◆ Activity
Print this span of the material below exactly: the line with "(p : Proc) (port fd m e", the line with "success (refused fd e replies p))", and every line between them, but nothing else.
*** Dataset ***
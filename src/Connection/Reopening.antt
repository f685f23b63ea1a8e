-- ===== src/Connection/Reopening.antt =====
-- The connecting anew of picam/src/connection.cpp, and what it does to a packet.
use native.Mathlib.Nat.{zero-add}
use hand_motion_capture.Prelude.{
  ℕ, suc, ◌+◌, ◌≤◌, ◌<◌, ◌≡◌, refl, ap, ◌∙◌, List, ◌∷◌, none, some, length, arith, ◌≢◌, take, drop,
  take_all, pos, length-drop,
}
use hand_motion_capture.Sys.{Reply, ok, fail, eintr, epipe}
use hand_motion_capture.Stoi.{StoiResult, stoi}
use hand_motion_capture.Connection.State.{
  opened, connected, closed, wrote, Proc, returns, success, error, syscall, note,
}
use hand_motion_capture.Connection.{
  conn_tcp, open_tcp, with_port, convert_ip, after_inet_pton, retry_eintr, after_conn_tcp,
  reconnect, after_write, write_some, after_round, after_reconnect, transmit, packet, stream_pkt,
  pop_timestamp,
}
use hand_motion_capture.Connection.Streams.{transmit-ok, transmit-epipe, transmit_done}

-- A port that `conn_tcp` accepts.
abbrev pub IsPort : List ℕ → ℕ → Type 0
IsPort port n = (stoi port ≡ StoiResult.ok (pos n)) × (1 ≤ n) × (n ≤ 65535)

-- The three calls that open a connection.
conn_tcp_opens :
    (p : Proc) (port fd m c : ℕ) (replies : List Reply)
    → p.conn.tcpfd ≡ none
    → IsPort p.conn.tcp_port port
    → p.replies ≡ ok fd ∷ ok (suc m) ∷ ok c ∷ replies
    → conn_tcp p
      ≡ returns success (record p {
        conn = record (p.conn) { tcpfd = some fd };
        replies = replies;
        events = connected fd ∷ opened fd ∷ p.events;
      })
unfolding conn_tcp open_tcp with_port convert_ip after_inet_pton retry_eintr syscall
conn_tcp_opens p port fd m c replies e v r = ground arith

-- The state after a refused connection: the socket is not closed.
abbrev pub refused : ℕ → ℕ → List Reply → Proc → Proc
refused fd e replies p = record p {
  conn = record (p.conn) { tcpfd = some fd };
  replies = replies;
  errno = e;
  events = opened fd ∷ p.events;
}

-- If the address is converted but `connect` fails, with another error than EINTR, `conn_tcp`
-- returns that error with the new socket left in `tcpfd`, and so the next call returns success without
-- a connection. The port must be one that `conn_tcp` accepts.
pub conn_tcp-refused :
    (p : Proc) (port fd m e : ℕ) (replies : List Reply)
    → p.conn.tcpfd ≡ none
    → IsPort p.conn.tcp_port port
    → e ≢ eintr
    → p.replies ≡ ok fd ∷ ok (suc m) ∷ fail e ∷ replies
    → (conn_tcp p ≡ returns (error e) (refused fd e replies p))
      × (conn_tcp (refused fd e replies p) ≡ returns success (refused fd e replies p))
unfolding conn_tcp open_tcp with_port convert_ip after_inet_pton retry_eintr syscall
conn_tcp-refused p port fd m e replies d v n r = (ground arith, refl)

-- One round of the loop on a closed socket that is opened anew.
transmit_reopens :
    (fuel : ℕ) (buffer : List ℕ) (retries total : ℕ) (p : Proc) (port fd m c n : ℕ)
    (replies : List Reply)
    → total < length buffer
    → p.conn.tcpfd ≡ none
    → IsPort p.conn.tcp_port port
    → p.replies ≡ ok fd ∷ ok (suc m) ∷ ok c ∷ ok n ∷ replies
    → transmit (suc (suc fuel)) buffer retries total p
      ≡ transmit (suc fuel) buffer retries (total + n) (record p {
        conn = record (p.conn) { tcpfd = some fd };
        replies = replies;
        events = wrote fd (take n (drop total buffer)) ∷ connected fd ∷ opened fd ∷ p.events;
      })
unfolding transmit reconnect after_reconnect write_some syscall after_write after_round
    after_conn_tcp
transmit_reopens fuel buffer retries total p port fd m c n replies l e v r =
    ground (arith, conn_tcp_opens p port fd m c (ok n ∷ replies) e v r)

-- If the server takes `k` bytes of the packet and the next write fails with EPIPE, the program
-- closes the socket, connects anew, and sends the rest of the packet on the new connection: that
-- stream begins in the middle of a packet. The port is one that `conn_tcp` accepts, `k` is below the
-- length of the packet, and one write takes what is left.
pub stream_pkt_resumes :
    (payload : List ℕ) (p : Proc) (timestamp port fd fd' m c k n : ℕ) (rest : List ℕ)
    (replies : List Reply)
    → p.conn.frame_timestamps ≡ timestamp ∷ rest
    → p.conn.tcpfd ≡ some fd
    → IsPort p.conn.tcp_port port
    → p.replies ≡ ok k ∷ fail epipe ∷ ok fd' ∷ ok (suc m) ∷ ok c ∷ ok n ∷ replies
    → k < length (packet timestamp payload)
    → k + n ≡ length (packet timestamp payload)
    → (q : Proc) × (stream_pkt payload p ≡ returns success q)
      × (q.events
          ≡ wrote fd' (drop k (packet timestamp payload))
            ∷ connected fd'
            ∷ opened fd'
            ∷ closed fd
            ∷ wrote fd (take k (packet timestamp payload))
            ∷ p.events)
unfolding stream_pkt
stream_pkt_resumes payload p timestamp port fd fd' m c k n rest replies t o v r l e =
    let buffer = packet timestamp payload in
    let start = pop_timestamp rest p in
    let left = length replies in
    let before : Proc =
      note (wrote fd (take k buffer))
        (record start { replies = fail epipe ∷ ok fd' ∷ ok (suc m) ∷ ok c ∷ ok n ∷ replies }) in
    let lost : Proc = record before {
      conn = record (before.conn) { tcpfd = none };
      replies = ok fd' ∷ ok (suc m) ∷ ok c ∷ ok n ∷ replies;
      errno = epipe;
      events = closed fd ∷ before.events;
    } in
    let after : Proc = record lost {
      conn = record (lost.conn) { tcpfd = some fd' };
      replies = replies;
      events = wrote fd' (take n (drop (0 + k) buffer)) ∷ connected fd' ∷ opened fd' ∷ lost.events;
    } in
    let entry : stream_pkt payload p ≡ transmit (suc (6 + left)) buffer 0 0 start =
      ground (arith, ap (length {0}) r) in
    let six : 6 + left ≡ suc (suc (suc (suc (2 + left)))) = omega arith in
    let tail : take n (drop (0 + k) buffer) ≡ drop k buffer =
      rw zero-add (take_all n (drop k buffer) (omega (arith, length-drop k buffer))) in
    let run : stream_pkt payload p ≡ returns success after =
      entry
      ∙ (ap (λ (f : ℕ). transmit (suc f) buffer 0 0 start) six
          ∙ (transmit-ok (suc (suc (suc (suc (2 + left))))) buffer 0 0 fd start
                (fail epipe ∷ ok fd' ∷ ok (suc m) ∷ ok c ∷ ok n ∷ replies) (omega arith) o k r
              ∙ (transmit-epipe (suc (suc (suc (2 + left)))) buffer 0 (0 + k) fd before
                    (ok fd' ∷ ok (suc m) ∷ ok c ∷ ok n ∷ replies) (omega arith) o refl
                  ∙ (transmit_reopens (suc (2 + left)) buffer 0 (0 + k) lost port fd' m c n replies
                        (omega arith) refl v refl
                      ∙ transmit_done (suc (2 + left)) buffer 0 (0 + k + n) after
                          (omega arith))))) in
    (
      after,
      run,
      ap
          (λ (bytes : List ℕ).
            wrote fd' bytes
            ∷ connected fd'
            ∷ opened fd'
            ∷ closed fd
            ∷ wrote fd (take k buffer)
            ∷ p.events)
          tail,
    )
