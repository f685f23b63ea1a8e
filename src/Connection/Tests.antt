-- ===== src/Connection/Tests.antt =====
-- Runs of the methods of picam/src/connection.cpp, and the theorems about them at concrete scripts.
use hand_motion_capture.Prelude.{
  ◌≡◌, refl, some, none, List, [], ◌∷◌, ◌++◌, arith, codes, take, drop, le_bytes,
}
use hand_motion_capture.Sys.{Reply, ok, fail, epipe}
use hand_motion_capture.Stoi.{stoi}
use hand_motion_capture.Connection.State.{
  Connection, opened, connected, closed, wrote, Proc, returns, success, sent,
}
use hand_motion_capture.Connection.{packet, stream_pkt, pop_timestamp}
use hand_motion_capture.Connection.Frame.{Ensures}
use hand_motion_capture.Connection.Transmit.{SentSome, Transmitted}
use hand_motion_capture.Connection.Streams.{stream_pkt_sends, stream_pkt_succeeds}
use hand_motion_capture.Connection.Reopening.{IsPort, stream_pkt_resumes}

abbrev camera : Connection
camera = record {
  tcpfd = some 3;
  udpfd = none;
  server_ip = codes "192.168.86.100";
  tcp_port = codes "12345";
  udp_port = codes "22345";
  frame_timestamps = 7 ∷ [];
}

abbrev process : List Reply → Proc
process replies = record { conn = camera; replies = replies; errno = 0; events = [] }

abbrev offline : List Reply → Proc
offline replies = record {
  conn = record camera { tcpfd = none };
  replies = replies;
  errno = 0;
  events = [];
}

IsPort-12345 : IsPort (codes "12345") 12345
unfolding stoi
IsPort-12345 = (refl, omega arith, omega arith)

stream_pkt_sends_example :
    Ensures
      (Transmitted [] (packet 7 (1 ∷ 2 ∷ [])) (pop_timestamp [] (process (ok 5 ∷ []))))
      (SentSome [] (packet 7 (1 ∷ 2 ∷ [])) (pop_timestamp [] (process (ok 5 ∷ []))))
      (stream_pkt (1 ∷ 2 ∷ []) (process (ok 5 ∷ [])))
unfolding sent
stream_pkt_sends_example = stream_pkt_sends (1 ∷ 2 ∷ []) (process (ok 5 ∷ [])) 7 [] refl

abbrev bytewise : List Reply
bytewise =
    ok 1 ∷ ok 1 ∷ ok 1 ∷ ok 1 ∷ ok 1 ∷ ok 1 ∷ ok 1 ∷ ok 1 ∷ ok 1 ∷ ok 1 ∷ ok 1 ∷ ok 1 ∷ ok 1 ∷ []

stream_pkt_succeeds_example :
    (q : Proc) × (stream_pkt (9 ∷ []) (process bytewise) ≡ returns success q)
    × (sent q.events ≡ sent [] ++ packet 7 (9 ∷ []))
    × (q.conn.frame_timestamps ≡ [])
unfolding packet le_bytes
stream_pkt_succeeds_example =
    stream_pkt_succeeds (9 ∷ []) (process bytewise) 7 3 [] refl refl (omega arith) (omega arith)

abbrev broken_off : List Reply
broken_off = ok 4 ∷ fail epipe ∷ ok 5 ∷ ok 1 ∷ ok 0 ∷ ok 9 ∷ []

-- The new connection starts in the middle of the packet.
stream_pkt_resumes_example :
    (q : Proc) × (stream_pkt (9 ∷ []) (process broken_off) ≡ returns success q)
    × (q.events
        ≡ wrote 5 (drop 4 (packet 7 (9 ∷ [])))
          ∷ connected 5
          ∷ opened 5
          ∷ closed 3
          ∷ wrote 3 (take 4 (packet 7 (9 ∷ [])))
          ∷ [])
unfolding packet le_bytes
stream_pkt_resumes_example =
    stream_pkt_resumes (9 ∷ []) (process broken_off) 7 12345 3 5 0 0 4 9 [] [] refl refl
      IsPort-12345 refl (omega arith) (omega arith)

-- ECONNREFUSED is 111.
abbrev refusing : List Reply
refusing = ok 6 ∷ ok 1 ∷ fail 111 ∷ []
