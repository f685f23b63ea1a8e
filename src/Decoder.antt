-- ===== src/Decoder.antt =====
-- frameset_server/src/viddec.c: the H.264 decoder. libavcodec is a parameter: what its calls answer,
-- and the context that they change.
pub mod Resources
pub mod Sample
mod Tests
use hand_motion_capture.Prelude.{
  ℕ, suc, ◌+◌, ◌*◌, ◌≤◌, ◌≡◌, Bool, List, Option, none, some, if◌then◌else◌,
}

-- What `avcodec_receive_frame` answers: a picture, AVERROR(EAGAIN), AVERROR_EOF or another error.
pub data Decoded : Type 0 where
  picture : ℕ → Decoded
  again end failure : Decoded

-- libavcodec. `send_packet` takes `none` for the null packet that ends the stream, and `false` is a
-- negative return; `transfer` is whether `av_hwframe_transfer_data` copies the picture. A decoder gives
-- a picture for a packet at most: `backlog` bounds those to come.
pub record Avcodec : Type 1 where
  pub Context : Type 0
  pub send_packet : Option (List ℕ) → Context → Bool × Context
  pub receive_frame : Context → Decoded × Context
  pub transfer : Context → Bool
  pub backlog : Context → ℕ
  pub flush_adds_none : (c : Context) → backlog (send_packet none c).1 ≤ backlog c
  pub packet_adds_one :
      (bytes : List ℕ) (c : Context) → backlog (send_packet (some bytes) c).1 ≤ suc (backlog c)
  pub picture_takes_one :
      (c c' : Context) (p : ℕ) → receive_frame c ≡ (picture p, c') → suc (backlog c') ≤ backlog c
  pub other_adds_none : (c : Context) → backlog (receive_frame c).1 ≤ backlog c

-- The returns of `recv_frame`: 0 with the picture in the buffer, EAGAIN, ENODATA, and a negative code.
pub data RecvFrame : Type 0 where
  filled : ℕ → RecvFrame
  need_more no_data failed : RecvFrame

module _ (av : Avcodec) where
  unfoldable pub decode_packet : List ℕ → av.Context → Bool × av.Context
  decode_packet bytes c = av.send_packet (some bytes) c

  unfoldable pub flush_decoder : av.Context → Bool × av.Context
  flush_decoder c = av.send_packet none c

  unfoldable pub on_received : Decoded × av.Context → RecvFrame × av.Context
  on_received (picture p, c) = (if av.transfer c then filled p else failed, c)
  on_received (again, c) = (need_more, c)
  on_received (end, c) = (no_data, c)
  on_received (failure, c) = (failed, c)

  unfoldable pub recv_frame : av.Context → RecvFrame × av.Context
  unfolding on_received
  recv_frame c = on_received (av.receive_frame c)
***
◆ Output of the exercise
    (p : Proc) (port fd m e : ℕ) (replies : List Reply)
    → p.conn.tcpfd ≡ none
    → IsPort p.conn.tcp_port port
    → e ≢ eintr
    → p.replies ≡ ok fd ∷ ok (suc m) ∷ fail e ∷ replies
    → (conn_tcp p ≡ returns (error e) (refused fd e replies p))
      × (conn_tcp (refused fd e replies p) ≡ returns success (refused fd e replies p))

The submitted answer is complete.